Top 10 Tips for Web Design

When it comes to Web Design in Huddersfield – Mello Agency suggests these tips:

Have a strong, clear brand message

When it comes to web design, you have control in what is presented on the computer screen. Your website should display the image you want the world to see. Positioning is key! Our eyes are naturally drawn to the top left-hand corner, so it’s important to have the physical design such as the logo and key message in the correct position.

Provide a clear, concise navigation method

A good web designer will ensure that they use design techniques to lead the user around the screen and site. Good use of location, colour, contrast and size can help focus the eye. Visibly differentiated sub-sections and even a site map can ensure a concise, easy to follow navigation route.
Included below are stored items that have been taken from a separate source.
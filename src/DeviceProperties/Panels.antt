-- ===== src/DeviceProperties/Panels.antt =====
-- The buttons of the panels of web/src/pages/Admin/DevicePropertyManagement.tsx that send commands,
-- and the input that the panel of services shows.
use linkflow_v.Prelude.{
  String, true, ◌||◌, ◌==◌, Option, none, some, List, [], ◌∷◌, ◌≡◌, refl, arith, eq_iff, Attempt,
  ok, thrown, if◌then◌else◌, inl, inr, ◌⊎◌, find, Bool-cases, subst, sym,
}
use linkflow_v.Js.Json.{Json, Fields, end}
use linkflow_v.Js.Number.{Numbers}
use linkflow_v.Services.Devices.{Device, set_device_properties, call_device_service}
use linkflow_v.ServiceInput.{service_input_params_to_record}
use linkflow_v.DeviceProperties.State.{
  DevicePropertyPage, Sent, properties_set, service_called, selected_device,
}
use linkflow_v.DeviceProperties.Commands.{
  is_reachable, can_set, can_call, handle_set_properties, handle_call_service, send_properties,
  send_call,
}

-- `serviceInputParamsToRecord`, or no input where it throws.
abbrev pub or_empty : {N : Type 0} → Attempt (Fields N) → Fields N
or_empty (ok input) = input
or_empty (thrown message) = end

-- The two buttons, with what they close over.
pub data Button (N : Type 0) : Type 0 where
  set_button : String → (String → Attempt (Json N)) → Button N
  call_button : Numbers N → (String → Attempt (Json N)) → Button N

selected_device-id :
    (id : String) (devices : List Device) (d : Device)
    → find (λ device. device.id == id) devices ≡ some d
    → d.id ≡ id
selected_device-id id [] d h = ground arith
selected_device-id id (x ∷ xs) d h = elim (Bool-cases (x.id == id)) [
  | inl p ↦ ground (arith, eq_iff x.id id)
  | inr p ↦ selected_device-id id xs d (ground arith)
]

-- The device that is chosen, which can be reached, where a button is enabled.
reached :
    (o : Option Device)
    → is_reachable o ≡ true
    → (d : Device) × (o ≡ some d) × (is_reachable (some d) ≡ true)
reached none h = ground arith
reached (some d) h = (d, refl, h)

module _ {N : Type 0} where
  abbrev pub generated_input :
      Numbers N → (String → Attempt (Json N)) → DevicePropertyPage N → Fields N
  generated_input ops parse s =
      or_empty (service_input_params_to_record ops parse s.service_input_params)

  -- The buttons, which do nothing while they are disabled.
  unfoldable pub press_send :
      String → (String → Attempt (Json N)) → DevicePropertyPage N → DevicePropertyPage N
  press_send must_object parse s =
      if can_set (selected_device s) s then handle_set_properties must_object parse s else s

  unfoldable pub press_call :
      Numbers N → (String → Attempt (Json N)) → DevicePropertyPage N → DevicePropertyPage N
  press_call ops parse s =
      if can_call (selected_device s) s then handle_call_service ops parse s else s

  unfoldable pub press : Button N → DevicePropertyPage N → DevicePropertyPage N
  unfolding press_send press_call
  press (set_button must_object parse) s = press_send must_object parse s
  press (call_button ops parse) s = press_call ops parse s

  -- A command to the device with the given id.
  pub data IsCommandTo (id : String) : Sent N → Type 0 where
    setting :
        (o : Fields N)
        → IsCommandTo id (properties_set (set_device_properties id (record { properties = o })))
    calling :
        (name : String) (o : Fields N)
        → IsCommandTo id (service_called (call_device_service id name (record { input = o })))

  -- The page sent nothing, or one command to the device.
  abbrev pub SendsAtMost : String → List (Sent N) → List (Sent N) → Type 0
  SendsAtMost id before after =
      (after ≡ before) ⊎ ((c : Sent N) × (after ≡ c ∷ before) × IsCommandTo id c)

  send_properties-sent :
      (a : Attempt (Fields N)) (s : DevicePropertyPage N)
      → SendsAtMost s.device_id s.sent (send_properties a s).sent
  send_properties-sent (thrown message) s = inl refl
  send_properties-sent (ok o) s = inr (_, refl, setting o)

  send_call-sent :
      (a : Attempt (Fields N)) (s : DevicePropertyPage N)
      → SendsAtMost s.device_id s.sent (send_call a s).sent
  send_call-sent (thrown message) s = inl refl
  send_call-sent (ok o) s = inr (_, refl, calling s.service_name o)

  handle_set_properties-sent :
      (must_object : String) (parse : String → Attempt (Json N)) (s : DevicePropertyPage N)
      → SendsAtMost s.device_id s.sent (handle_set_properties must_object parse s).sent
  unfolding handle_set_properties
  handle_set_properties-sent must_object parse s = elim (Bool-cases (s.device_id == "")) [
    | inl p ↦ rw p (inl refl)
    | inr p ↦ rw p (send_properties-sent _ s)
  ]

  handle_call_service-sent :
      (ops : Numbers N) (parse : String → Attempt (Json N)) (s : DevicePropertyPage N)
      → SendsAtMost s.device_id s.sent (handle_call_service ops parse s).sent
  unfolding handle_call_service
  handle_call_service-sent ops parse s =
      elim (Bool-cases (s.device_id == "" || s.service_name == "")) [
        | inl p ↦ rw p (inl refl)
        | inr p ↦ rw p (send_call-sent _ s)
      ]

  -- Nothing is sent, or a command to the device that is chosen, which can be reached.
  abbrev pub IsReachingSend : DevicePropertyPage N → List (Sent N) → Type 0
  IsReachingSend s after =
      (after ≡ s.sent)
      ⊎ ((d : Device) × (selected_device s ≡ some d)
          × (is_reachable (some d) ≡ true)
          × (c : Sent N) × (after ≡ c ∷ s.sent)
          × IsCommandTo d.id c)

  reaching :
      (s : DevicePropertyPage N) (after : List (Sent N))
      → is_reachable (selected_device s) ≡ true
      → SendsAtMost s.device_id s.sent after
      → IsReachingSend s after
  reaching s after h (inl same) = inl same
  reaching s after h (inr (c, added, command)) =
      let (d, chosen, r) = reached (selected_device s) h in
      inr (
        d,
        chosen,
        r,
        c,
        added,
        subst (λ id. IsCommandTo id c) (sym (selected_device-id s.device_id s.devices d chosen))
            command,
      )

  -- The buttons for setting properties and for calling a service send nothing or one command, and
  -- the command goes to the device of the list that is chosen, which is active and online.
  pub press-sent :
      (button : Button N) (s : DevicePropertyPage N) → IsReachingSend s (press button s).sent
  unfolding press press_send press_call
  press-sent (set_button must_object parse) s = elim (Bool-cases (can_set (selected_device s) s)) [
    | inl p ↦ rw p (reaching s _ (ground arith) (handle_set_properties-sent must_object parse s))
    | inr p ↦ rw p (inl refl)
  ]
  press-sent (call_button ops parse) s = elim (Bool-cases (can_call (selected_device s) s)) [
    | inl p ↦ rw p (reaching s _ (ground arith) (handle_call_service-sent ops parse s))
    | inr p ↦ rw p (inl refl)
  ]
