-- ===== src/DeviceProperties/Examples.antt =====
-- Runs of the page of web/src/pages/Admin/DevicePropertyManagement.tsx.
use linkflow_v.Prelude.{
  String, true, false, some, none, List, [], ◌∷◌, take, ◌≡◌, refl, arith, eq_iff, All, Attempt, ok,
  keep, map,
}
use linkflow_v.Js.Json.{Json, null, str, obj, Fields, end, field, entries}
use linkflow_v.Js.Object.{get}
use linkflow_v.Js.Samples.{Small, small}
use linkflow_v.Js.Text.{trim}
use linkflow_v.Answers.{answered}
use linkflow_v.Services.Devices.{DeviceLatestProperties, Device, active, online}
use linkflow_v.Stores.EventInbox.{EventInboxItem}
use linkflow_v.ServiceInput.{service_input_params_to_record}
use linkflow_v.DeviceProperties.Definitions.{trend_property_options_of}
use linkflow_v.DeviceProperties.Inputs.{
  default_service_input_params, service_input_definition, is_required, service_input_value_type,
}
use linkflow_v.DeviceProperties.Defaults.{HasDefault, default_service_input_params-HasDefault}
use linkflow_v.DeviceProperties.State.{DevicePropertyPage, history, event_history, open_page}
use linkflow_v.DeviceProperties.Choose.{handle_device_change}
use linkflow_v.DeviceProperties.Trend.{keep_properties}
use linkflow_v.DeviceProperties.Live.{
  entry_of, inbox_effect, add_entry, is_for, is_shown, changed_read,
}
use linkflow_v.DeviceProperties.TrendBounds.{
  IsSelection, TrendStep, toggles, has_data, chooses_device, trend_run, trend_run-IsSelection,
}
use linkflow_v.Stores.EventInbox.{push_event, mark_all_read}
use linkflow_v.DeviceProperties.Deliveries.{
  Delivery, Console, on_page, deliver, deliver_run, id_of, press_mark_all_read,
  deliver_run-live_run,
}
use linkflow_v.DeviceProperties.Chart.{no_chart, render_chart}
use linkflow_v.DeviceProperties.Panels.{IsReachingSend, call_button, press, press-sent}
use linkflow_v.DeviceProperties.EventList.{live_run, newest, live_run-take}

-- A service with one required field.
abbrev service : Json Small
service = obj (
    field "input"
      (obj (
        field "speed" (obj (field "data_type" (str "int") (field "required" (Json.bool true) end)))
          (field "note" (obj (field "data_type" (str "string") end)) end)))
      end)

abbrev parse : String → Attempt (Json Small)
parse text = ok null

default_service_input_params-HasDefault_example :
    (o : Fields Small) × (service_input_params_to_record small parse
        (default_service_input_params (λ key. key) (some service))
      ≡ ok o)
    × All
        (HasDefault small parse refl refl refl o)
        (keep (λ e. is_required e.1) (entries (service_input_definition (some service))))
unfolding default_service_input_params trim get service_input_value_type
default_service_input_params-HasDefault_example =
    default_service_input_params-HasDefault small parse refl refl refl (λ key. key) service
      ((ground (arith, eq_iff "speed" ""), ground (arith, eq_iff "speed" "__proto__")), tt) (tt, tt)

abbrev item : String → String → EventInboxItem Small
item id device_id = record {
  payload = record {
    tenant_id = "t1";
    product_id = "p1";
    device_id = device_id;
    tenant_slug = "tenant";
    product_key = "key";
    device_slug = "pump";
    event_name = "alarm";
    params = end;
  };
  event_id = id;
  occurred_at = "2026-01-01";
  received_at = "2026-01-01";
  read = false;
}

abbrev on_screen : DevicePropertyPage Small
on_screen = record (open_page (record { from = ""; to = "" })) {
  device_id = "d1";
  active_tab = event_history;
}

abbrev events : List (EventInboxItem Small)
events = item "e1" "d1" ∷ item "e2" "d2" ∷ item "e3" "d1" ∷ []

live_run-take_example :
    ((live_run events on_screen).events.entries ≡ take 20 (newest (is_shown on_screen) events []))
    × ((live_run events on_screen).events.total ≡ 2)
unfolding is_for trim
live_run-take_example = live_run-take events on_screen [] refl refl

-- An event that the history has already read is counted a second time.
abbrev already_read : DevicePropertyPage Small
already_read = record on_screen {
  events = record (on_screen.events) { entries = entry_of (item "e1" "d1") ∷ []; total = 1 };
}

already_read-inbox_effect :
    inbox_effect (some (item "e1" "d1")) already_read
    ≡ record already_read { events = record (already_read.events) { total = 2 } }
unfolding inbox_effect add_entry is_for trim
already_read-inbox_effect = refl

-- With no property chosen, none of the options is chosen.
keep_properties-nil :
    keep_properties (record { key = "speed"; label = "Speed"; unit = none } ∷ []) [] ≡ []
unfolding keep_properties
keep_properties-nil = refl

-- The answer to a reading that a change of properties of one device started is shown for another
-- device that was chosen meanwhile.
abbrev properties_of_d1 : DeviceLatestProperties Small
properties_of_d1 = record {
  id = "d1";
  tenant_id = "t1";
  product_id = "p1";
  product_key = "key";
  device_slug = "pump";
  reported = true;
  properties = end;
  occurred_at = none;
  received_at = none;
}

changed_read-handle_device_change :
    (changed_read
      (answered properties_of_d1)
      (handle_device_change "d2" on_screen)).latest_properties
    ≡ some properties_of_d1
unfolding changed_read
changed_read-handle_device_change = refl

abbrev presses : List (TrendStep Small)
presses =
    chooses_device "d1"
    ∷ has_data none (some properties_of_d1)
    ∷ toggles "speed"
    ∷ toggles "force"
    ∷ toggles "speed"
    ∷ []

trend_run-IsSelection_example : IsSelection (trend_run presses on_screen).trend_properties
unfolding trend_property_options_of
trend_run-IsSelection_example = trend_run-IsSelection presses on_screen refl (refl, omega arith)

abbrev delivery : String → Delivery Small
delivery id = record {
  now = "2026-01-01";
  payload = (item id "d1").payload;
  meta = record { event_id = id; occurred_at = "2026-01-01" };
}

abbrev console : Console Small
console = record { inbox = record { items = []; unread_count = 0 }; page = on_screen }

-- The second event comes twice.
abbrev deliveries : List (Delivery Small)
deliveries = delivery "e1" ∷ delivery "e2" ∷ delivery "e2" ∷ []

deliver_run-live_run_example :
    (map id_of (deliver_run deliveries console).inbox.items ≡ "e2" ∷ "e1" ∷ [])
    × ((deliver_run deliveries console).page
        ≡ live_run (item "e1" "d1" ∷ item "e2" "d1" ∷ []) on_screen)
deliver_run-live_run_example = deliver_run-live_run deliveries console

-- Marking the events as read makes a new object of the first one, and the page counts it again.
press_mark_all_read-deliver :
    ((press_mark_all_read (deliver (delivery "e1") console)).page.events.total ≡ 2)
    × ((press_mark_all_read (deliver (delivery "e1") console)).page.events.entries
        ≡ entry_of (item "e1" "d1") ∷ [])
unfolding press_mark_all_read deliver push_event mark_all_read inbox_effect add_entry is_for trim
press_mark_all_read-deliver = (refl, refl)

-- An event that came while another tab was open is added when the tab of events is opened.
abbrev elsewhere : Console Small
elsewhere = record console { page = record on_screen { active_tab = history } }

opened_later-deliver :
    (on_page
      (λ s. record s { active_tab = event_history })
      (deliver (delivery "e1") elsewhere)).page.events.entries
    ≡ entry_of (item "e1" "d1") ∷ []
unfolding on_page deliver push_event inbox_effect add_entry is_for trim
opened_later-deliver = refl

-- A chart that was empty in between is drawn on an element that is no longer in the document.
empty_between-render_chart :
    render_chart 3 (render_chart 0 (render_chart 3 no_chart))
    ≡ record { chart_ref = some 1; chart_instance_ref = some 0; made = 2 }
unfolding render_chart
empty_between-render_chart = refl

abbrev pump : Device
pump = record {
  id = "d1";
  tenant_id = "t1";
  product_id = "p1";
  device_slug = "pump";
  device_name = "Pump";
  description = "";
  status = active;
  connection_status = online;
  gateway_device_id = none;
  firmware_version = none;
  ip_address = none;
  last_seen_at = none;
  created_at = "2026-01-01";
  updated_at = "2026-01-01";
}

abbrev reboot_chosen : DevicePropertyPage Small
reboot_chosen = record on_screen { devices = pump ∷ []; service_name = "reboot" }

press-sent_example :
    IsReachingSend reboot_chosen (press (call_button small parse) reboot_chosen).sent
press-sent_example = press-sent (call_button small parse) reboot_chosen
Throughout the site, consistency is extremely important. Branch to one key navigation menu, sub-navigations and keep it uncluttered by avoiding drop-down menus.

Make it intuitively easy to use

Keeping visitors entertained can be difficult as they can be indecisive if the site is hard or slow to navigate. Ensure navigation buttons are obvious and easily identifiable. The top of the page is a good position and having appropriate links directly from page to page enables users to quickly switch when something catches their interest. Lastly, adhere to the functionalities people have come to expect. For instance, if the text is emphasised your user will naturally expect it to be a link.

Keep it consistent

Users like to know where they are within a website and if the style of the page changes intensely or somehow feels different visitors will become disengaged and can start to feel lost. Maintain consistency and a professional image, by ensuring everything matches, from heading sizes and typefaces to design, colour and style of image.

Keep it simple

Useful information should be easily accessible. Surfers will not stick around to make sure the page is scannable. Theories suggest our eyes will take in more information and then zoom in to an area of interest from the bigger image.

Ensure it’s easy to understand

Every aspect of your website needs to be easy to understand as visitors want to spend a lot of time browsing. It’s important to consider short sentences, larger font, segments divided by contrast and colour, and white space.
There are rules to consider such as never use more than three different point sizes for a font and keep lines of text to 18 words – 50-80 characters – max!

Degrade gracefully

Having a simple code without compromising on the elements you need is extremely important as not everyone has the latest PC and fastest broadband. HTML code needs to degrade gracefully and not slow down or cause complications to lower spec computers. If an IT issue occurs, customers will not return or be recommending your site and services to anyone else!

Write it with your target audience in mind

The target audience needs to be considered when writing or commissioning the copy to your website. It’s hard to obtain and avoiding bombarding users with all the information you can, keep it succinct in style and use laymen’s terms if appropriate. It’s important to consider the keywords people will use in their searches when trying to attract visitors through the search engine optimisation.

Consider usability

The user’s experience is just as important as the first impression. When designing a website, consider the things a user will want to use your site for and check that these are easy to achieve and if necessary are readily available from the homepage such as important information, current offers and appointment bookings.
To check your site is user-friendly, test, test and test again! Also, test it out on people who know nothing about your business.

Make sure it’s compliant

A worthy website should follow certain guidelines. For instance, all websites calculated by Alchemy Interactive, a London based web design agency, comply with the Web Accessibility Initiative. This confirms their sites are appropriate ad accessible for people with disabilities and over aspects of web design such as screen flickering – line with the Disability Discrimination Act.